# Dan Brown on "Who Wants to Be a Millionaire"



## Anthony (Oct 7, 2009)

Considering how many cubers on this forum pogobat's videos have taught (whether or not we like his method), I figure this is worth posting.

Best of luck, Dan.

What do you guys think.. Will he win a million dollars?


----------



## teller (Oct 7, 2009)

That's easy. "No, he will not win."


----------



## Tim Major (Oct 7, 2009)

I wish I didn't learn off him, but still, most people who learn to solve a 3x3, don't go on to be speed cubers, or even cubers.
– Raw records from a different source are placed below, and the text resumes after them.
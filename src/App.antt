-- ===== src/App.antt =====
-- The BrokerApp controller, controllers/brokerapp_controller.go.
pub mod Address
pub mod Validate
pub mod Checks
pub mod Capacity
pub mod Find
pub mod Resolve
pub mod Status
pub mod Watch
pub mod Binding
pub mod Reconcile
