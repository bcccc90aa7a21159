-- ===== src/App/Address.antt =====
-- controllers/brokerapp_controller.go: the routing type of an address, and the addresses that an
-- app owns.
pub mod Base
pub mod Owned
use activemq_artemis_operato.Base.{
  String, Bool, true, false, not, ◌&&◌, ◌||◌, Option, none, some, List, [], ◌∷◌, ◌==◌, is_empty,
  is_true, contains, before, add, if◌then◌else◌,
}
use activemq_artemis_operato.Api.{AddressType, AddressRef, AppCapabilityType, BrokerApp}

abbrev pub fqqn_separator : String
fqqn_separator = "::"

-- `pubSub != nil && !*pubSub`.
abbrev pub is_disabled : Option Bool → Bool
is_disabled none = false
is_disabled (some b) = not b

unfoldable pub is_multicast_address : Option Bool → List String → Bool
is_multicast_address pub_sub subscriptions =
    if is_disabled pub_sub then false else is_true pub_sub || not (is_empty subscriptions)

unfoldable pub extract_base_address : String → String
extract_base_address address =
    if contains address fqqn_separator then before address fqqn_separator else address

-- `addressRef.AppNamespace == "" && addressRef.AppName == ""`.
abbrev pub is_local : AddressRef → Bool
is_local ref = ref.app_namespace == "" && ref.app_name == ""

unfoldable pub add_address_types : List AddressType → List String → List String
add_address_types [] addresses = addresses
add_address_types (t ∷ ts) addresses = add_address_types ts (add t.address addresses)

unfoldable pub add_local_refs : List AddressRef → List String → List String
add_local_refs [] addresses = addresses
add_local_refs (ref ∷ refs) addresses =
    add_local_refs refs
      (if is_local ref then add (extract_base_address ref.address) addresses else addresses)

unfoldable pub add_capabilities : List AppCapabilityType → List String → List String
add_capabilities [] addresses = addresses
add_capabilities (c ∷ cs) addresses =
    add_capabilities cs (add_local_refs c.consumer_of (add_local_refs c.producer_of addresses))

unfoldable pub collect_owned_addresses : BrokerApp → List String
collect_owned_addresses app =
    add_capabilities app.spec.capabilities
      (add_address_types app.spec.shared_addresses (add_address_types app.spec.addresses []))
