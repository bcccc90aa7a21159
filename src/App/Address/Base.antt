-- ===== src/App/Address/Base.antt =====
-- What `extractBaseAddress` returns.
use activemq_artemis_operato.Base.{
  String, ◌≡◌, false, inl, inr, Bool-cases, contains, contains-before,
}
use activemq_artemis_operato.App.Address.{extract_base_address, fqqn_separator}

-- A base address holds no separator, whatever the address.
pub contains-extract_base_address :
    (address : String) → contains (extract_base_address address) fqqn_separator ≡ false
unfolding extract_base_address
contains-extract_base_address address = elim (Bool-cases (contains address fqqn_separator)) [
  | inl cut ↦ rw cut (contains-before address ":" ":")
  | inr whole ↦ rw whole whole
]
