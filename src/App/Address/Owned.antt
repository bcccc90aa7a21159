-- ===== src/App/Address/Owned.antt =====
-- The set that `collectOwnedAddresses` gathers.
use activemq_artemis_operato.Base.{
  String, ◌≡◌, refl, Bool, ◌&&◌, ◌||◌, List, [], ◌∷◌, ◌==◌, arith, any, has, has-add, add, inl, inr,
  Bool-cases,
}
use activemq_artemis_operato.Api.{AddressType, AddressRef, AppCapabilityType, BrokerApp}
use activemq_artemis_operato.App.Address.{
  is_local, extract_base_address, add_address_types, add_local_refs, add_capabilities,
  collect_owned_addresses,
}

abbrev pub declares : String → AddressType → Bool
declares a t = t.address == a

-- A reference with no other app in it, to an address with the base address `a`.
abbrev pub uses_locally : String → AddressRef → Bool
uses_locally a ref = is_local ref && extract_base_address ref.address == a

abbrev pub capability_uses : String → AppCapabilityType → Bool
capability_uses a c = any (uses_locally a) c.producer_of || any (uses_locally a) c.consumer_of

-- The app owns the address: it declares it, privately or to share, or uses it locally.
abbrev pub owns : BrokerApp → String → Bool
owns app a =
    any (declares a) app.spec.addresses
    || any (declares a) app.spec.shared_addresses
    || any (capability_uses a) app.spec.capabilities

has-add_address_types :
    (a : String) (ts : List AddressType) (m : List String)
    → has a (add_address_types ts m) ≡ (any (declares a) ts || has a m)
unfolding add_address_types
has-add_address_types a [] m = refl
has-add_address_types a (t ∷ ts) m =
    ground (arith, has-add_address_types a ts (add t.address m), has-add t.address a m)

has-add_local_refs :
    (a : String) (refs : List AddressRef) (m : List String)
    → has a (add_local_refs refs m) ≡ (any (uses_locally a) refs || has a m)
unfolding add_local_refs
has-add_local_refs a [] m = refl
has-add_local_refs a (ref ∷ refs) m = elim (Bool-cases (is_local ref)) [
  | inl here ↦ rw here (
      ground (
        arith,
        has-add_local_refs a refs (add (extract_base_address ref.address) m),
        has-add (extract_base_address ref.address) a m,
      ))
  | inr other ↦ rw other (has-add_local_refs a refs m)
]

has-add_capabilities :
    (a : String) (cs : List AppCapabilityType) (m : List String)
    → has a (add_capabilities cs m) ≡ (any (capability_uses a) cs || has a m)
unfolding add_capabilities
has-add_capabilities a [] m = refl
has-add_capabilities a (c ∷ cs) m = ground (
  arith,
  has-add_capabilities a cs (add_local_refs c.consumer_of (add_local_refs c.producer_of m)),
  has-add_local_refs a c.consumer_of (add_local_refs c.producer_of m),
  has-add_local_refs a c.producer_of m,
)

-- The collected set holds an address exactly when the app declares it in `spec.addresses` or in
-- `spec.sharedAddresses`, or some capability refers to it without naming another app.
pub has-collect_owned_addresses :
    (app : BrokerApp) (a : String) → has a (collect_owned_addresses app) ≡ owns app a
unfolding collect_owned_addresses has
has-collect_owned_addresses app a =
    let private = add_address_types app.spec.addresses [] in
    let declared = add_address_types app.spec.shared_addresses private in
    ground (
      arith,
      has-add_capabilities a app.spec.capabilities declared,
      has-add_address_types a app.spec.shared_addresses private,
      has-add_address_types a app.spec.addresses [],
    )
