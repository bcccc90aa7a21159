-- ===== src/Cluster.antt =====
-- What the controllers use and do not implement: the API server behind controller-runtime's client,
-- the evaluation of app selectors, and the condition helpers of k8s.io/apimachinery.
use activemq_artemis_operato.Base.{
  if_true, if_false, String, Bool, Option, List, some, none, ◌≡◌, ap, ◌∙◌, false, eq_iff, ◌==◌,
  if◌then◌else◌,
}
use activemq_artemis_operato.Errors.{Error, Result}
use activemq_artemis_operato.Api.{
  BrokerApp, BrokerService, Condition, LabelSelector, is_status_true,
}

-- The cluster as one reconcile reads it. A selector is known by the text that `%v` prints.
pub record Cluster : Type 0 where
  -- `metav1.LabelSelectorAsSelector`.
  pub label_selector_as_selector : Option LabelSelector → Result String
  -- `Client.List` of the services with matching labels.
  pub list_services : String → Result (List BrokerService)
  -- `Client.List` of the apps whose index `status.serviceBinding` has a key.
  pub list_bound_apps : String → Result (List BrokerApp)
  -- `Client.List` of all apps.
  pub list_apps : Result (List BrokerApp)
  -- `Client.Get` by namespace and name.
  pub get_app : String → String → Result BrokerApp
  pub get_service : String → String → Result BrokerService
  pub is_not_found : Error → Bool
  -- `appselector.Matches`, the evaluation of the service's expression on the app.
  pub app_matches : BrokerApp → BrokerService → Result Bool
  -- `common.GetClusterDomain`, a name that the resolver gives.
  pub cluster_domain : String

-- A condition that is there and true.
abbrev pub is_true_condition : Option Condition → Bool
is_true_condition none = false
is_true_condition (some c) = is_status_true c.status

-- The package `meta`: `SetStatusCondition` puts a condition in the place of the one of its type, or
-- adds it, `FindStatusCondition` finds the condition of a type, and `IsStatusConditionTrue` tells
-- whether it is there and true.
pub record ConditionOps : Type 0 where
  pub set_status_condition : List Condition → Condition → List Condition
  pub find_status_condition : List Condition → String → Option Condition
  pub find-set :
      (cs : List Condition) (c : Condition) (t : String)
      → find_status_condition (set_status_condition cs c) t
        ≡ (if c.type == t then some c else find_status_condition cs t)
  pub is_status_condition_true : List Condition → String → Bool
  pub is_true-find :
      (cs : List Condition) (t : String)
      → is_status_condition_true cs t ≡ is_true_condition (find_status_condition cs t)

module _ (c : ConditionOps) (cs : List Condition) (cond : Condition) (t : String) where
  -- The condition that was set is found by its type.
  pub find_set_same :
      cond.type ≡ t → c.find_status_condition (c.set_status_condition cs cond) t ≡ some cond
  find_set_same e = c.find-set cs cond t ∙ if_true (cond.type == t) _ _ ((eq_iff cond.type t).1 e)

  -- A condition of another type is found as before.
  pub find_set_other :
      (u : String)
      → cond.type ≡ u
      → (u == t) ≡ false
      → c.find_status_condition (c.set_status_condition cs cond) t ≡ c.find_status_condition cs t
  find_set_other u e ne =
      c.find-set cs cond t ∙ if_false (cond.type == t) _ _ (ap (λ v. v == t) e ∙ ne)
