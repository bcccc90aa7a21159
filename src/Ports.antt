-- ===== src/Ports.antt =====
-- controllers/port_assignment.go: the port of an app on its service. A port is an int32 that is
-- never negative; the loop's counter stays below 65537, so it does not wrap.
pub mod Assign
pub mod Used
pub mod Exhaust
use activemq_artemis_operato.Base.{
  ℕ, zero, suc, Bool, false, ◌&&◌, ◌||◌, Option, none, some, List, [], ◌∷◌, ◌=?◌, ◌==◌, concat,
  decimal, if◌then◌else◌,
}
use activemq_artemis_operato.Errors.{Error, Result, ok, err, plain}
use activemq_artemis_operato.Api.{BrokerApp, BrokerServiceBindingStatus}

abbrev pub unassigned_port : ℕ
unassigned_port = 0

abbrev pub default_start_port : ℕ
default_start_port = 61616

abbrev pub max_valid_port : ℕ
max_valid_port = 65535

-- `usedPorts[port]` of a `map[int32]bool`, the list of its keys.
unfoldable pub has_port : ℕ → List ℕ → Bool
has_port p [] = false
has_port p (q ∷ used) = q =? p || has_port p used

abbrev pub all_ports_exhausted : Error
all_ports_exhausted = plain (
    concat (
      "all ports exhausted: range ["
      ∷ decimal default_start_port
      ∷ "-"
      ∷ decimal max_valid_port
      ∷ "] fully allocated"
      ∷ []))

-- The loop from `port`, with the rounds that are left up to `max_valid_port`.
unfoldable pub assign_from : ℕ → ℕ → List ℕ → Result ℕ
unfolding has_port
assign_from zero port used = err all_ports_exhausted
assign_from (suc rounds) port used =
    let next = assign_from rounds (suc port) used in if has_port port used then next else ok port

-- The ports from `default_start_port` up to `max_valid_port`.
abbrev pub port_rounds : ℕ
port_rounds = 3920

unfoldable pub assign_next_available_port : List ℕ → Result ℕ
unfolding assign_from
assign_next_available_port used = assign_from port_rounds default_start_port used

-- `app.Namespace == other.Namespace && app.Name == other.Name`.
unfoldable pub same_app : BrokerApp → BrokerApp → Bool
same_app app other = app.namespace == other.namespace && app.name == other.name

-- `excludeApp != nil && …`.
unfoldable pub is_excluded : Option BrokerApp → BrokerApp → Bool
unfolding same_app
is_excluded none app = false
is_excluded (some excluded) app = same_app app excluded

unfoldable pub add_assigned : Option BrokerServiceBindingStatus → List ℕ → List ℕ
add_assigned none used = used
add_assigned (some s) used =
    if s.assigned_port =? unassigned_port then used else s.assigned_port ∷ used

-- The loop, from the ports that were found before.
unfoldable pub collect_from : List BrokerApp → Option BrokerApp → List ℕ → List ℕ
collect_from [] exclude_app used = used
collect_from (app ∷ apps) exclude_app used =
    collect_from apps exclude_app
      (if is_excluded exclude_app app then used else add_assigned app.status.service used)

unfoldable pub collect_used_ports : List BrokerApp → Option BrokerApp → List ℕ
unfolding collect_from is_excluded add_assigned same_app
collect_used_ports apps exclude_app = collect_from apps exclude_app []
I think his tutorial is very good for people who just want to solve the cube, as he explains everything very simply.

He won't win a million bucks, 'cause he's too stupid. jks.


----------



## Faz (Oct 7, 2009)

ZB_FTW!!! said:


> I think his tutorial is very good for people who just want to solve the cube, as he explains everything very simply.



LMAO, he rushes through everything and it is very hard to understand if you have no knowledge of the cube.


----------



## Andreaillest (Oct 7, 2009)

Best of luck to Dan!
I never will understand the hate he recieves from some cubers. His method may not be "fast" but he taught A LOT of people how to solve it. Me included. That is the goal of the video. Teaching you "how to solve" not "how to solve fast." If his tutorial was so "bad" then I guess he wouldn't have gotten so many views. I for one understood his tutorial and am here because of that. It's ok to not like the method, but to hate Dan himself is unreasonable. Well that's my two cents.


----------



## Tim Major (Oct 7, 2009)

fazrulz said:


> ZB_FTW!!! said:
> 
> 
> > I think his tutorial is very good for people who just want to solve the cube, as he explains everything very simply.
> ...


I only watched the second part of his tutorial, because I could already make the first two layers, because some people at my school told me to make the cross, put in the corners and then the edges, and I worked it out intuitively, so I only needed his help for the final layer. I never got into spamming R' U' R U like everyone else who learnt of him, as I only watched part 2.
I found it very simple.


----------



## V-te (Oct 7, 2009)

I learned from him. Here I am learning full OLL and 3LLL and a 28 sec average and a PB of 22.34 secs. Lol. Unnecessary info, but it shows you that it's all in will. I had patience and determination and that's why I'm intermediate (I will never consider myself an expert until I get sub 10). Many of my friends, who learned the same method, but not from him, quit; they didn't have the patience to continue to speedcubing. 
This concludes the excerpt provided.